Ненавидя Ивана Дмитриевича, он, однако же, решительно не мог без него обходиться. Клиника целиком лежала на плечах Постникова, практически студентов учил Постников, сложнейшие операции производил Постников; ходили слухи, что некоторые статьи за шефа пишет Постников. Жовтяк был занят по горло, всюду консультировал (разумеется, в трудных случаях прихватывая с собой молчаливого Постникова), ездил с начальством на охоту, заседал деловито и строго, был не прочь, когда, разумеется, можно, подать ядовитую реплику, открывал областные и городские конференции врачей, знал, сколько времени нужно аплодировать, стоя в президиуме, и все свои речи начинал так:
— Дорогие товарищи!

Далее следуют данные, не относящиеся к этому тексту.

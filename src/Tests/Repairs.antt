-- ===== src/Tests/Repairs.antt =====
-- The theorems on the phases of the agent, applied to a model that reads one file and ends.
use pullsmith.Common.{
  ◌≡◌, refl, inr, ℕ, ◌≤◌, String, true, false, none, some, List, [], ◌∷◌, ◌++◌, length,
}
use pullsmith.Schemas.{high, IssueAnalysis, ImplementationPlan}
use pullsmith.Testing.Honest.{IsSuiteRun}
use pullsmith.Tools.{execute, success}
use pullsmith.Testing.Parse.{parse_test_output}
use pullsmith.Phases.{Schema, Provider, Desk}
use pullsmith.Planner.{plan_summary, format_retrieved}
use pullsmith.Repair.{Attempt, has_passed, RepairResult, describe_repair}
use pullsmith.Repair.Rounds.{implement_and_repair}
use pullsmith.Repair.Verified.{implement_and_repair-suite}
use pullsmith.Tests.Agent.{model, reading, context}
use pullsmith.Tests.Suites.{always, mapping, green_result}

abbrev rejecting : {A : Type 0} → String → Schema A
rejecting name = record { name = name; schema_text = "{}"; validate = λ text. inr "no" }

abbrev pub provider : Provider ℕ
provider = record {
  generate = model;
  issue_analysis = rejecting "IssueAnalysis";
  implementation_plan = rejecting "ImplementationPlan";
  failure_analysis = rejecting "FailureAnalysis";
  verification_result = rejecting "VerificationResult";
}

abbrev pub plan : ImplementationPlan
plan = record {
  problem_understanding = "The link is broken";
  relevant_files = [];
  suspected_root_cause = "A missing slash";
  root_cause_confidence = high;
  proposed_changes = record { path = "app.py"; intent = "add the slash"; is_new_file = false } ∷ [];
  tests_to_add_or_update = [];
  risks = [];
  verification_strategy = "pytest";
  out_of_scope = [];
}

abbrev pub analysis : IssueAnalysis
analysis = record {
  problem_summary = "The link is broken";
  expected_behaviour = "It opens";
  actual_behaviour = "It does not";
  reproduction_steps = [];
  acceptance_criteria = [];
  error_messages = [];
  referenced_symbols = [];
  referenced_paths = [];
  search_queries = "link" ∷ [];
  is_actionable = true;
  clarification_needed = none;
}

abbrev pub desk : Desk ℕ
desk = record { context = context; world = 0; reports = [] }

summary_of_plan :
    plan_summary plan ≡ "Plan: 1 file(s) to change [app.py]. Root-cause confidence: high."
unfolding plan_summary
summary_of_plan = refl

nothing_found : format_retrieved [] ≡ "No code was retrieved for this issue."
unfolding format_retrieved
nothing_found = refl

abbrev pub repair_result : RepairResult
repair_result = record {
  succeeded = true;
  attempts =
      record {
        iteration = 1;
        test_outcomes = parse_test_output green_result (some "pytest") ∷ [];
        failure_analysis = none;
        tool_calls = 1;
      }
      ∷ [];
  usage = record { input_tokens = 20; output_tokens = 10; calls = 2 };
  stopped_because = "tests_passed";
}

described : describe_repair repair_result ≡ "Tests passed after 1 attempt(s)"
unfolding describe_repair
described = refl

-- The first attempt passes.
green_at_once :
    implement_and_repair provider
      (reading ∷ [])
      (always green_result)
      mapping
      plan
      none
      5
      none
      []
      desk
    ≡ (
      inr repair_result,
      (implement_and_repair provider
          (reading ∷ [])
          (always green_result)
          mapping
          plan
          none
          5
          none
          []
          desk).1,
    )
unfolding implement_and_repair execute success parse_test_output
green_at_once = refl

implement_and_repair-suite_example :
    (length repair_result.attempts ≤ 5)
    × (repair_result.succeeded ≡ true
        → (earlier : List Attempt) × (last : Attempt) × (repair_result.attempts
            ≡ earlier ++ last ∷ [])
          × (has_passed last ≡ true)
          × IsSuiteRun (always green_result) mapping last.test_outcomes)
implement_and_repair-suite_example =
    implement_and_repair-suite provider (reading ∷ []) (always green_result) mapping plan none 5
      none [] desk green_at_once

Позвольте прежде всего по поручению коллектива ученых Института имени Сеченова приветствовать вас! (Здесь он сам, Геннадий Тарасович, аплодировал и раскрывал длинненький блокнот.) Начну с цифр. В 1911 году мы имели по области койко-мест всего лишь сто двадцать два…
— Слушайте, слушайте! — говорил при этом Полунин. — Сейчас вы узнаете сногсшибательную новость — оказывается, что при Николашке со здравоохранением дело обстояло хуже, чем при Советской власти.

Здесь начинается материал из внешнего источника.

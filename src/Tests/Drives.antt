-- ===== src/Tests/Drives.antt =====
-- The theorems on the orchestrator, applied to a run that is resumed when its change is verified.
use pullsmith.Common.{◌≡◌, refl, inl, inr, ℕ, String, true, none, some, List, [], ◌∷◌}
use pullsmith.States.{RunState, verifying, waiting_for_approval, can_transition}
use pullsmith.Events.{append_event, transition}
use pullsmith.Review.{newest_plan}
use pullsmith.Db.{AgentRun}
use pullsmith.Testing.{TestOutcome, all_passed}
use pullsmith.Testing.Parse.{parse_test_output}
use pullsmith.Orchestrator.{Runtime, Ride, fresh_scratch, clone_crashed}
use pullsmith.Orchestrator.Work.{await_approval_step}
use pullsmith.Orchestrator.Advance.{is_settled, advance}
use pullsmith.Orchestrator.Finishes.{advance-IsSettled, await_approval_step-passed}
use pullsmith.Orchestrator.Evidence.{IsEvidence}
use pullsmith.Orchestrator.Moves.{state_in}
use pullsmith.Tests.{waiting, waiting_db}
use pullsmith.Tests.Agent.{reading}
use pullsmith.Tests.Suites.{always, mapping, green_result}
use pullsmith.Tests.Repairs.{provider}

-- The world counts the test runs; the workspace is there and holds no edits.
abbrev pub runtime : Runtime ℕ
runtime = record {
  provider = provider;
  registry = reading ∷ [];
  sandbox = always green_result;
  retriever = λ snapshot queries symbols w. (inr [], w);
  max_run_seconds = 1800;
  max_tool_calls = 60;
  workspace_for = λ run_id. "work" ∷ [];
  clock = λ w. w;
  is_dir = λ path w. true;
  remove_tree = λ path w. w;
  read_text = λ path w name. none;
  unified = λ fromfile tofile before after. after;
  clone = λ url destination branch w. (clone_crashed "OSError: no network", w);
  current_commit = λ path w. (inr "abc", w);
  build_map = λ path w. (inr mapping, w);
  uncommitted_changes = λ path w. (inr [], w);
  index_snapshot = λ snapshot path previous w. (inl "OSError: no network", snapshot, w);
}

abbrev sha : String → String
sha text = text

abbrev resumed : AgentRun
resumed = record waiting { state = verifying }

abbrev ride : Ride ℕ
ride = record {
  db = record waiting_db { runs = resumed ∷ [] };
  committed = record waiting_db { runs = resumed ∷ [] };
  scratch = fresh_scratch 0;
  world = 0;
}

parks :
    advance sha runtime 1 11 ride
    ≡ (inr (some waiting_for_approval), (advance sha runtime 1 11 ride).1)
unfolding advance append_event newest_plan await_approval_step parse_test_output can_transition
parks = refl

advance-IsSettled_example :
    (state : RunState) × (some waiting_for_approval ≡ some state) × (is_settled state ≡ true)
advance-IsSettled_example =
    advance-IsSettled sha runtime 1 ride (advance sha runtime 1 11 ride).1 resumed
      (some waiting_for_approval) refl parks

-- The run has the map of its repository, and no test was run yet.
abbrev mapped : Ride ℕ
mapped = record ride { scratch = record (fresh_scratch 0) { mapping = some mapping } }

gate_opens :
    await_approval_step sha runtime 1 mapped
    ≡ (inr tt, (await_approval_step sha runtime 1 mapped).1)
unfolding await_approval_step parse_test_output transition can_transition
gate_opens = refl

await_approval_step-passed_example :
    (outcomes : List TestOutcome) × IsEvidence sha runtime 1 mapped outcomes
    × (all_passed outcomes ≡ true)
    × (state_in 1 (await_approval_step sha runtime 1 mapped).1.db ≡ some waiting_for_approval)
await_approval_step-passed_example =
    await_approval_step-passed sha runtime 1 mapped (await_approval_step sha runtime 1 mapped).1
      gate_opens
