-- ===== src/Tests/Edits.antt =====
-- The theorems on the editing tools, applied to a file of two lines.
use pullsmith.Common.{
  ◌≡◌, refl, String, true, false, some, if◌then◌else◌, List, [], ◌∷◌, ◌==◌, ◌&&◌, is_some,
}
use pullsmith.Db.{text}
use pullsmith.Llm.{Arguments}
use pullsmith.Safety.{assert_readable, resolve_in_workspace}
use pullsmith.Disk.{Disk, absent, file, read_only, path_eq, put, read_text, write_text}
use pullsmith.Tools.{execute}
use pullsmith.Editing.{
  ReplaceInFileArgs, DeleteFileArgs, replace_in_file, occurrences, replace_first,
}
use pullsmith.Editing.Summary.{summarise_changes}
use pullsmith.Editing.Recorded.{has_succeeded, edit, deleting}
use pullsmith.Editing.Once.{IsReplaced, replace_in_file-IsReplaced, replace_in_file-has_succeeded}
use pullsmith.Editing.Undone.{IsUndone, edit-IsUndone}
use pullsmith.Editing.Registered.{
  After, replace_in_file_tool, write_file_tool, delete_file_tool, register_editing_tools,
  execute-Outcome,
}
use pullsmith.Tests.Agent.{context}

abbrev pub there : List String → List String
there path = path

abbrev pub work : List String
work = "w" ∷ []

abbrev os_error : List String → String
os_error path = "OSError"

abbrev schema_of : String → Arguments
schema_of name = []

abbrev errors : String → Arguments → String
errors name arguments = "[]"

abbrev disk : Disk
disk = put ("w" ∷ "a.py" ∷ []) (file "x = 1\r\ny = 1\n") (λ p. absent)

abbrev replacement : ReplaceInFileArgs
replacement = record { path = "a.py"; find = "x = 1"; replace = "x = 2"; reason = "fix" }

abbrev edited : Disk
edited = (replace_in_file there work os_error context replacement disk).2

reads_the_edit : read_text ("w" ∷ "a.py" ∷ []) edited ≡ some "x = 2\ny = 1\n"
unfolding replace_in_file read_text write_text put
reads_the_edit = refl

counts_apart : occurrences "aa" 0 "aaa" ≡ 1
unfolding occurrences
counts_apart = refl

counts_everywhere : occurrences "" 0 "ab" ≡ 3
unfolding occurrences
counts_everywhere = refl

-- A file that must not be written stays, though its text is unique.
abbrev guarded : Disk
guarded = put ("w" ∷ "a.py" ∷ []) (read_only "x = 1\n") (λ p. absent)

refused : has_succeeded (replace_in_file there work os_error context replacement guarded).0 ≡ false
unfolding replace_in_file read_text write_text put has_succeeded
refused = refl

-- A link of the repository: a.py leads to its .env, which is not a name that may be asked for.
abbrev linked : List String → List String
linked path = if path_eq path ("w" ∷ "a.py" ∷ []) then "w" ∷ ".env" ∷ [] else path

abbrev secrets : Disk
secrets = put ("w" ∷ ".env" ∷ []) (file "x = 1\n") (λ p. absent)

reaches_the_secrets :
    read_text
      ("w" ∷ ".env" ∷ [])
      (replace_in_file linked work os_error context replacement secrets).2
    ≡ some "x = 2\n"
unfolding replace_in_file read_text write_text put
reaches_the_secrets = refl

sums_up :
    summarise_changes (replace_in_file there work os_error context replacement disk).1
    ≡ "1 file(s) changed, +1/-1 lines"
unfolding replace_in_file summarise_changes read_text write_text put
sums_up = refl

replace_in_file-IsReplaced_example : IsReplaced there work os_error context replacement disk edited
unfolding replace_in_file put has_succeeded read_text write_text
replace_in_file-IsReplaced_example =
    replace_in_file-IsReplaced there work os_error context replacement disk refl refl

replace_in_file-has_succeeded_example :
    has_succeeded (replace_in_file there work os_error context replacement disk).0 ≡ (
      (occurrences "x = 1" 0 "x = 1\ny = 1\n" == 1)
      && is_some (
          write_text
            ("w" ∷ "a.py" ∷ [])
            (replace_first "x = 1" replacement.replace "x = 1\ny = 1\n")
            disk))
unfolding assert_readable resolve_in_workspace read_text put
replace_in_file-has_succeeded_example =
    replace_in_file-has_succeeded there work os_error context replacement disk ("w" ∷ "a.py" ∷ [])
      "x = 1\ny = 1\n" refl refl refl

abbrev deletion : DeleteFileArgs
deletion = record { path = "a.py"; reason = "unused" }

edit-IsUndone_example :
    IsUndone there work os_error context disk
      (edit there work os_error context (deleting deletion) disk).1
      (edit there work os_error context (deleting deletion) disk).2
unfolding edit put has_succeeded read_text
edit-IsUndone_example = edit-IsUndone there work os_error context disk (deleting deletion) refl

abbrev raw_arguments : Arguments
raw_arguments =
    ("path", text "a.py")
    ∷ ("find", text "x = 1")
    ∷ ("replace", text "x = 2")
    ∷ ("reason", text "fix")
    ∷ []

execute-Outcome_example :
    let tools =
      replace_in_file_tool there work os_error schema_of errors
      ∷ write_file_tool there work os_error schema_of errors
      ∷ delete_file_tool there work os_error schema_of errors
      ∷ [] in
    After there work os_error schema_of errors context.changes disk
      (execute tools context "replace_in_file" raw_arguments true disk)
unfolding register_editing_tools replace_in_file_tool write_file_tool delete_file_tool
execute-Outcome_example =
    execute-Outcome there work os_error schema_of errors
      (replace_in_file_tool there work os_error schema_of errors
        ∷ write_file_tool there work os_error schema_of errors
        ∷ delete_file_tool there work os_error schema_of errors
        ∷ [])
      context "replace_in_file" raw_arguments true disk refl
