-- ===== src/Tests/Json.antt =====
-- What `extract_json` makes of the answers that models give.
use pullsmith.Common.{◌≡◌, refl}
use pullsmith.Llm.ExtractJson.{extract_json}

extract_json_plain : extract_json " {\"a\": 1} " ≡ "{\"a\": 1}"
unfolding extract_json
extract_json_plain = refl

extract_json_fenced : extract_json "Sure:\n```json\n{\"a\": 1}\n```\nDone." ≡ "{\"a\": 1}"
unfolding extract_json
extract_json_fenced = refl

extract_json_prose : extract_json "It is {\"a\": {}} I think." ≡ "{\"a\": {}}"
unfolding extract_json
extract_json_prose = refl

extract_json_empty_fence : extract_json "``` ```" ≡ ""
unfolding extract_json
extract_json_empty_fence = refl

И никогда не ошибался. Жовтяк пережевывал всем известные истины, критиковал начальство не выше завоблфинотделом, в президиуме перешептывались, писали друг другу записки, в зале стоял ровный, неумолкающий шум голосов. А Жовтяк, ни на что не обращая внимания, говорил и говорил о своих койко-днях, множил средне-годовые койки на количество дней в году, производил анализ коечного фонда, называл среднюю величину второго элемента фунции койки, производил анализ коечной номенклатуры и наконец после третьего продления регламента, с высоко поднятой головой покидал трибуну.
— Зачем это он? — спросил как-то Володя Полунина.
— И терпентин на что-нибудь полезен! — загадочно ответил Пров Яковлевич.
— Какой терпентин? — не понял Володя.
— Почитайте «Плоды раздумья» Козьмы Пруткова, У него же сказано: «Усердие все превозмогает». И еще есть один краткий афоризм: «Козыряй!»
С грустной усмешкой Полунин отвернулся от Володи.
Студентов, особенно тех, про которых говорили, что они способные, Жовтяк ласкал. Ласкал и Женьку Степанова — редактора институтской газеты. Ласкал и сурового Пыча-Старика — на всякий случай: его тревожило, когда он чувствовал неодобрение, пусть даже молчаливое. Но больше всех ласкал он Володю, и потому, что о Володе говорили как об очень способном студенте, и еще потому, что Володя на него смотрел невыносимо неприязненно. Но как ни ласкал Геннадий Тарасович хмурого Устименку, тот быстро раскусил велеречивого профессора и невзлюбил его так же бурно и пылко, как полюбил строгого и невеселого Постникова. А может быть, и не раскусил Володя Жовтяка, а просто со свойственной ему наблюдательностью заметил особую, подчеркнутую вежливость, даже насмешливую галантность Полунина по отношению к шефу хирургической клиники.